We always want the “easy way” out, and our lives to always be smooth sailing. But rugged terrain—physically and in life—can build character and endurance in a way that nothing else can. Jesus Christ won us freedom on an old rugged cross: don’t throw it away for easy street!

Month of Sundays: Storms

So, when a light wind sprang up from the south, thinking that they had found their opportunity, they weighed anchor and kept along the coast of Crete, close in shore. But shortly afterwards a hurricane came down on us off the land–a north-easter, as it is called. The ship was caught by it and was unable to keep her head to the wind, so we had to give way and let her drive before it. Running under the lee of a small island called Cauda, we only just managed to secure the ship’s boat, And, after hoisting it on board, the men frapped the ship. But, afraid of being driven on to the Syrtis Sands, they lowered the yard, and then drifted. So violently were we tossed about by the storm, that the next day they began throwing the cargo overboard, And, on the following day, threw out the ship’s tackle with their own hands. As neither sun nor stars were visible for several days, and, as the gale still continued severe, all hope of our being saved was at last abandoned. (Acts 27:13-20)

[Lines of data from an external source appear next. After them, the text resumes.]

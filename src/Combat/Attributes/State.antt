-- ===== src/Combat/Attributes/State.antt =====
-- combat/attributes.go: Current against the bounds, and Snapshot, BaseState and RestoreBase.
use roost_skill.Common.{
  ℕ, ◌<◌, Bool, true, false, ◌||◌, if◌then◌else◌, List, [], ◌∷◌, ◌++◌, map, Option, none, some,
  ◌==◌, ◌≡◌, refl, sym, ap, ◌∙◌, arith, any,
}
use roost_skill.Common.Int.{ℤ, pos, ◌≤ℤ◌, ltb_ℤ}
use roost_skill.Combat.FixedMath.{saturating_add, scale_basis_points, basis_point_scale}
use roost_skill.Common.Maps.{Map, lookup, get_or, insert, keys, get_or-insert, lookup-insert}
use roost_skill.Combat.Attributes.{
  AttributeSet, AttributeBounds, AttributeBaseState, AttributeValue, value_of, current,
  resolve_value, insert_key, sort_keys, snapshot, base_state, restore_states, restore_base,
  notify_all, notify, clamp_to, restore_bounds,
}

clamp_bounds :
    (b : AttributeBounds) (v : ℤ)
    → b.minimum ≤ℤ b.maximum
    → (b.minimum ≤ℤ clamp_to b v) × (clamp_to b v ≤ℤ b.maximum)
clamp_bounds b v h = ground arith

resolved_bounds :
    (base flats rates : ℤ) (o : Option AttributeBounds) {b : AttributeBounds}
    → o ≡ some b
    → b.minimum ≤ℤ b.maximum
    → (b.minimum ≤ℤ resolve_value base flats rates o)
      × (resolve_value base flats rates o ≤ℤ b.maximum)
unfolding resolve_value
resolved_bounds base flats rates o {b} e h =
    let rate = saturating_add basis_point_scale rates in
    rw e (
      clamp_bounds b
        (scale_basis_points (saturating_add base flats)
          (if ltb_ℤ rate (pos 0) then pos 0 else rate))
        h)

-- An attribute whose bounds are in order stays within them, whatever its base and modifiers.
pub current_bounds :
    (id : ℕ) (set : AttributeSet) {b : AttributeBounds}
    → lookup id set.bounds ≡ some b
    → b.minimum ≤ℤ b.maximum
    → (b.minimum ≤ℤ current id set) × (current id set ≤ℤ b.maximum)
unfolding current
current_bounds id set e h =
    resolved_bounds (value_of id set.base) (value_of id set.flat_sum) (value_of id set.rate_sum)
      (lookup id set.bounds) e h

-- Each key is below all that follow.
abbrev pub IsAscending : List ℕ → Type 0
IsAscending [] = Unit
IsAscending (k ∷ []) = Unit
IsAscending (k ∷ j ∷ js) = (k < j) × IsAscending (j ∷ js)

abbrev pub has : ℕ → List ℕ → Bool
has id = any (λ k. k == id)

insert_key-IsAscending : (k : ℕ) (js : List ℕ) → IsAscending js → IsAscending (insert_key k js)
unfolding insert_key
insert_key-IsAscending k [] h = tt
insert_key-IsAscending k (j ∷ []) h = ground arith
insert_key-IsAscending k (j ∷ i ∷ is) h = ground (arith, insert_key-IsAscending k (i ∷ is) h.1)

sort_keys-IsAscending : (ks : List ℕ) → IsAscending (sort_keys ks)
unfolding sort_keys
sort_keys-IsAscending [] = tt
sort_keys-IsAscending (k ∷ ks) = insert_key-IsAscending k (sort_keys ks) (sort_keys-IsAscending ks)

has-insert_key : (id k : ℕ) (js : List ℕ) → has id (insert_key k js) ≡ (k == id) || has id js
unfolding insert_key
has-insert_key id k [] = refl
has-insert_key id k (j ∷ js) = ground (arith, has-insert_key id k js)

has-sort_keys : (id : ℕ) (ks : List ℕ) → has id (sort_keys ks) ≡ has id ks
unfolding sort_keys
has-sort_keys id [] = refl
has-sort_keys id (k ∷ ks) =
    has-insert_key id k (sort_keys ks) ∙ ap (λ b. (k == id) || b) (has-sort_keys id ks)

has-append : (id : ℕ) (ks js : List ℕ) → has id (ks ++ js) ≡ has id ks || has id js
has-append id [] js = refl
has-append id (k ∷ ks) js = ground (arith, has-append id ks js)

value_absent : (id : ℕ) (m : Map ℤ) → has id (keys m) ≡ false → value_of id m ≡ pos 0
unfolding get_or
value_absent id [] e = refl
value_absent id ((k, v) ∷ m) e = ground (arith, value_absent id m)

lookup_absent {ℓ} : {V : Type ℓ} (id : ℕ) (m : Map V) → has id (keys m) ≡ false → lookup id m ≡ none
unfolding lookup
lookup_absent id [] e = refl
lookup_absent id ((k, v) ∷ m) e = ground (arith, lookup_absent id m)

ids_of :
    (f : ℕ → ℤ) (g : ℕ → ℤ) (ks : List ℕ)
    → map
        (λ (v : AttributeValue). v.attribute)
        (map (λ id. record { attribute = id; base = f id; current = g id }) ks)
      ≡ ks
ids_of f g [] = refl
ids_of f g (k ∷ ks) = ap (λ js. k ∷ js) (ids_of f g ks)

-- The snapshot lists each attribute with a base entry or a sum entry once, in ascending order.
pub snapshot-ids :
    (set : AttributeSet)
    → let ids = map (λ v. v.attribute) (snapshot set) in
      IsAscending ids
      × ((id : ℕ)
          → has id ids ≡ (
              has id (keys set.base) || (has id (keys set.flat_sum) || has id (keys set.rate_sum))))
unfolding snapshot
snapshot-ids set =
    let ks = keys set.base ++ (keys set.flat_sum ++ keys set.rate_sum) in
    let e = ids_of (λ id. value_of id set.base) (λ id. current id set) (sort_keys ks) in
    rw e (
      sort_keys-IsAscending ks,
      λ id.
          has-sort_keys id ks
          ∙ has-append id (keys set.base) (keys set.flat_sum ++ keys set.rate_sum)
          ∙ ap (λ b. has id (keys set.base) || b)
              (has-append id (keys set.flat_sum) (keys set.rate_sum)),
    )

state_of : AttributeSet → ℕ → AttributeBaseState
state_of set id = record {
  attribute = id;
  base = value_of id set.base;
  bounds = lookup id set.bounds;
}

-- What a restored map entry holds: the saved one, if the key is among those restored.
abbrev pick {ℓ} : {V : Type ℓ} → Option V → Bool → Option V → Option V
pick none among old = old
pick (some b) true old = some b
pick (some b) false old = old

base_step :
    (id k : ℕ) (saved old : Map ℤ) (among : Bool)
    → (if among then value_of id saved else value_of id (insert k (value_of k saved) old))
      ≡ (if (k == id) || among then value_of id saved else value_of id old)
base_step id k saved old true = ground arith
base_step id k saved old false = ground (arith, get_or-insert (pos 0) id k (value_of k saved) old)

bounds_step :
    (id k : ℕ) (saved old : Map AttributeBounds) (among : Bool) (o : Option AttributeBounds)
    → lookup k saved ≡ o
    → pick (lookup id saved) among (lookup id (restore_bounds o k old))
      ≡ pick (lookup id saved) ((k == id) || among) (lookup id old)
bounds_step id k saved old among none e = ground arith
bounds_step id k saved old among (some b) e = ground (arith, lookup-insert id k b old)

restore_states_lem :
    (set t : AttributeSet) (id : ℕ) (ks : List ℕ)
    → let r = restore_states (map (state_of set) ks) t in
      (value_of id r.base ≡ (if has id ks then value_of id set.base else value_of id t.base))
      × (lookup id r.bounds ≡ pick (lookup id set.bounds) (has id ks) (lookup id t.bounds))
unfolding restore_states state_of
restore_states_lem set t id [] = (refl, ground arith)
restore_states_lem set t id (k ∷ ks) =
    let r =
      restore_states_lem set
        (record t {
          base = insert k (value_of k set.base) t.base;
          bounds = restore_bounds (lookup k set.bounds) k t.bounds;
        })
        id ks in
    (
      r.0 ∙ base_step id k set.base t.base (has id ks),
      r.1 ∙ bounds_step id k set.bounds t.bounds (has id ks) (lookup k set.bounds) refl,
    )

notify_all_keeps :
    (ids : List ℕ) (set : AttributeSet)
    → ((notify_all ids set).base ≡ set.base) × ((notify_all ids set).bounds ≡ set.bounds)
unfolding notify_all notify
notify_all_keeps [] set = (refl, refl)
notify_all_keeps (id ∷ ids) set = ground (arith, notify_all_keeps ids (notify id set))

saved_value :
    (b c among : Bool) (v : ℤ)
    → among ≡ b || c
    → (b ≡ false → v ≡ pos 0)
    → (if among then v else pos 0) ≡ v
saved_value true c true v e h = refl
saved_value true c false v e h = cc
saved_value false c true v e h = refl
saved_value false c false v e h = sym (h refl)

saved_bounds :
    (b c among : Bool) (o : Option AttributeBounds)
    → among ≡ b || c
    → (c ≡ false → o ≡ none)
    → pick o among none ≡ o
saved_bounds b c among none e h = refl
saved_bounds b c true (some v) e h = refl
saved_bounds true c false (some v) e h = cc
saved_bounds false true false (some v) e h = cc
saved_bounds false false false (some v) e h = sym (h refl)

-- Restoring a saved state into any attribute set gives every attribute its saved base and bounds,
-- and forgets what the set held before.
pub restore_base-base_state :
    (set t : AttributeSet) (id : ℕ)
    → let r = restore_base (base_state set) t in
      (value_of id r.base ≡ value_of id set.base) × (lookup id r.bounds ≡ lookup id set.bounds)
unfolding restore_base base_state state_of
restore_base-base_state set t id =
    let ks = keys set.base ++ keys set.bounds in
    let n =
      notify_all_keeps
        (sort_keys (keys t.base ++ (keys t.bounds ++ map (λ s. s.attribute) (base_state set))))
        (restore_states (base_state set) (record t { base = []; bounds = [] })) in
    let r = restore_states_lem set (record t { base = []; bounds = [] }) id (sort_keys ks) in
    let h = has-sort_keys id ks ∙ has-append id (keys set.base) (keys set.bounds) in
    (
      ap (value_of id) n.0
          ∙ r.0
          ∙ saved_value (has id (keys set.base)) (has id (keys set.bounds)) _ _ h
              (value_absent id set.base),
      ap (lookup id) n.1
          ∙ r.1
          ∙ saved_bounds (has id (keys set.base)) (has id (keys set.bounds)) _ _ h
              (lookup_absent id set.bounds),
    )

In the ancient world, ships were built with long cables that extended from one end of the vessel to the other. In times of storm, these would be tightened so that the ship would hold together until the storm passed, when they would be loosened and the ship could sail normally. That is described as “frapping” (the correct term) in the passage above, and on board was their prisoner—the Apostle Paul.

Too many people sail the sea lanes of life with no idea of preparing for the storms that will come, or even avoiding them, as Paul tried to do before they set sail. But come they will. The questions that then come up are this: do you have the rigging in your life to hold together during times of trouble? And who is your captain?

It’s so easy to be either self-sufficient or careless about living when times are good. But bad times will wreck both. And that leads to our captain. We say that Jesus Christ is the Lord of our life when we get saved. But do we really mean that? Are we dependent upon him? Do we follow his commands for living? Are we his disciples, having internalized his gospel instead of just giving it lip service? The time to do all of this is now, before the storms of life break up your ship and you find yourself with only a plank to hold on to.